BEGIN Data provided

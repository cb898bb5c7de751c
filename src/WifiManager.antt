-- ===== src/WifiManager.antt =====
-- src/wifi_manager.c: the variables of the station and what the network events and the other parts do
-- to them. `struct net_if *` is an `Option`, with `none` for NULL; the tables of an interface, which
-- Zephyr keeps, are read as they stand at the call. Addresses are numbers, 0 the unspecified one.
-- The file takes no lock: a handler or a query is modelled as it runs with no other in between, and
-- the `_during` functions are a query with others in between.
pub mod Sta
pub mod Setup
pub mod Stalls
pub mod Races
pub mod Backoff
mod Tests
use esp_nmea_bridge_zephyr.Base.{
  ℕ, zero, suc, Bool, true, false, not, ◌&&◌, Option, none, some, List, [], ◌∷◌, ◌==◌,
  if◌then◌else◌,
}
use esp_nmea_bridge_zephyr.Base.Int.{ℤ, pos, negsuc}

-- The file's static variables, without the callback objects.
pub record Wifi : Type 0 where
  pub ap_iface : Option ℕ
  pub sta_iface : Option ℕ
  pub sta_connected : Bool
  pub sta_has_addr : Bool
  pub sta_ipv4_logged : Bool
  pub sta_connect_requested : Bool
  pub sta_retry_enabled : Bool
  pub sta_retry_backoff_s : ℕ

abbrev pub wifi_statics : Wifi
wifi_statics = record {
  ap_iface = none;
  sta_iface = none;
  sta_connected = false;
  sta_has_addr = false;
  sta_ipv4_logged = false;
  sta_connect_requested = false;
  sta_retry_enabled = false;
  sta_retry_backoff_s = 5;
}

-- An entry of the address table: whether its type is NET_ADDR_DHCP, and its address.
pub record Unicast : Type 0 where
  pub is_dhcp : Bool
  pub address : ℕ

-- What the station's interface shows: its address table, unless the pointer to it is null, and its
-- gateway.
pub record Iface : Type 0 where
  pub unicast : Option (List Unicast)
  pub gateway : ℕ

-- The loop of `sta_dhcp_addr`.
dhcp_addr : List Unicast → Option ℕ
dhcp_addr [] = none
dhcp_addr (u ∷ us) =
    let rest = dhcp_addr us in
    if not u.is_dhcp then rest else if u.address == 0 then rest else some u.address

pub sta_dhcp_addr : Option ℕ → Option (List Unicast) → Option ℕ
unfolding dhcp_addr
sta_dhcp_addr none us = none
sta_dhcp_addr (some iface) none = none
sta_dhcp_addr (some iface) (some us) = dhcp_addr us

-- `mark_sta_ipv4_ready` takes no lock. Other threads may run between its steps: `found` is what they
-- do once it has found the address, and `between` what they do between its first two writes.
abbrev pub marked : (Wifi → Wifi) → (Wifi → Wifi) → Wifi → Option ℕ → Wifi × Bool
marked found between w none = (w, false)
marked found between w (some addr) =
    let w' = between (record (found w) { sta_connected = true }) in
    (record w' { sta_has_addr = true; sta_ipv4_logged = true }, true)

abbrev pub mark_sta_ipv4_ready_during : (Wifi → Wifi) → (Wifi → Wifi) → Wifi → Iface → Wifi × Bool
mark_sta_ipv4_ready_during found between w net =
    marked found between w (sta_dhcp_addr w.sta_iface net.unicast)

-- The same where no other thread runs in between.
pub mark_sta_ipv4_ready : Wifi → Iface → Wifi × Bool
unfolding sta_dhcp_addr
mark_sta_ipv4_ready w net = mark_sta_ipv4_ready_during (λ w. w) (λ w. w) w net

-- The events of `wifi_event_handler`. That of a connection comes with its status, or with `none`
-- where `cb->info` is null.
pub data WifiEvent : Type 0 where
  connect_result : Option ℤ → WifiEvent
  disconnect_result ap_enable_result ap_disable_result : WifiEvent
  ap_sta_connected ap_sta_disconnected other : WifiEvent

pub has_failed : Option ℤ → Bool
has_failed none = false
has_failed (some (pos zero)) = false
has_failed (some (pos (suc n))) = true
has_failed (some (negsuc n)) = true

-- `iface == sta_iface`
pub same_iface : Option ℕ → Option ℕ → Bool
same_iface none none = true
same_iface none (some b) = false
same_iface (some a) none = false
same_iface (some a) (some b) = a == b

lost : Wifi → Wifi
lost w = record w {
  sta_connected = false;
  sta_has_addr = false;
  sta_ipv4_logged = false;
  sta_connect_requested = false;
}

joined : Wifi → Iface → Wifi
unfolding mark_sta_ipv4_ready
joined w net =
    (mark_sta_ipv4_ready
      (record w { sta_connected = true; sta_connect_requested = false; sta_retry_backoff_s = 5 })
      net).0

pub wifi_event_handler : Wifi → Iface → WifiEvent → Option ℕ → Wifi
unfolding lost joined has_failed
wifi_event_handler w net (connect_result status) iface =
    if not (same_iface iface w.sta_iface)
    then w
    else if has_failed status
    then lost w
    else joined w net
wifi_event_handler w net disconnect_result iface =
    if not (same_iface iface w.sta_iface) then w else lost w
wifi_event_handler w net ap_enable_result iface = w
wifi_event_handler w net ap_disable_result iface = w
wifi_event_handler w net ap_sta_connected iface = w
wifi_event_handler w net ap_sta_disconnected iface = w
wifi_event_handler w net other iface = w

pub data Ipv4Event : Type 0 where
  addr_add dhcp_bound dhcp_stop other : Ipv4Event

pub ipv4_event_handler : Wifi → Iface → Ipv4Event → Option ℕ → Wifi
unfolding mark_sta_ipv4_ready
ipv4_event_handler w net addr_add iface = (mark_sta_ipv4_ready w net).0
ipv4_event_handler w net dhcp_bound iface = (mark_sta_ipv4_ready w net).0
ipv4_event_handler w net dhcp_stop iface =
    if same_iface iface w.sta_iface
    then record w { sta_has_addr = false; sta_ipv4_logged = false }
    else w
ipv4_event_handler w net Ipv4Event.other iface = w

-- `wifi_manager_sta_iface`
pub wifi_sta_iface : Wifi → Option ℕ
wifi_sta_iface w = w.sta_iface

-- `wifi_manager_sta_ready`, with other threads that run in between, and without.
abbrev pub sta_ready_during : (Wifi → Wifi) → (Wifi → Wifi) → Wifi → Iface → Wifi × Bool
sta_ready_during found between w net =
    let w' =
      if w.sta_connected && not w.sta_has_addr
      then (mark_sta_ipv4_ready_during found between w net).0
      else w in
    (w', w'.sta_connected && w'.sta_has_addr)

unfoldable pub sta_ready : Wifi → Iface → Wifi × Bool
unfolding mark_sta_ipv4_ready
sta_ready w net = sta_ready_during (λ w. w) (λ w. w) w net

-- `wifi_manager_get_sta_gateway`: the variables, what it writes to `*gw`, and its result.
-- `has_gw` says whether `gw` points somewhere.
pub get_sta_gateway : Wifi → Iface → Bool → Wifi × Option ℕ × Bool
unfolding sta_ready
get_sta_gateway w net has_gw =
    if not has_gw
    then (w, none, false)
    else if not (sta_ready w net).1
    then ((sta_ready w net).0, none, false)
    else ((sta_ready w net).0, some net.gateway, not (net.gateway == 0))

END Data provided

* What to do *
Filter the entries and copy each line with "found".

* Response *
-- `mark_sta_ipv4_ready` takes no lock. Other threads may run between its steps: `found` is what they
-- do once it has found the address, and `between` what they do between its first two writes.
marked found between w none = (w, false)
marked found between w (some addr) =
    let w' = between (record (found w) { sta_connected = true }) in
mark_sta_ipv4_ready_during found between w net =
    marked found between w (sta_dhcp_addr w.sta_iface net.unicast)
sta_ready_during found between w net =
      then (mark_sta_ipv4_ready_during found between w net).0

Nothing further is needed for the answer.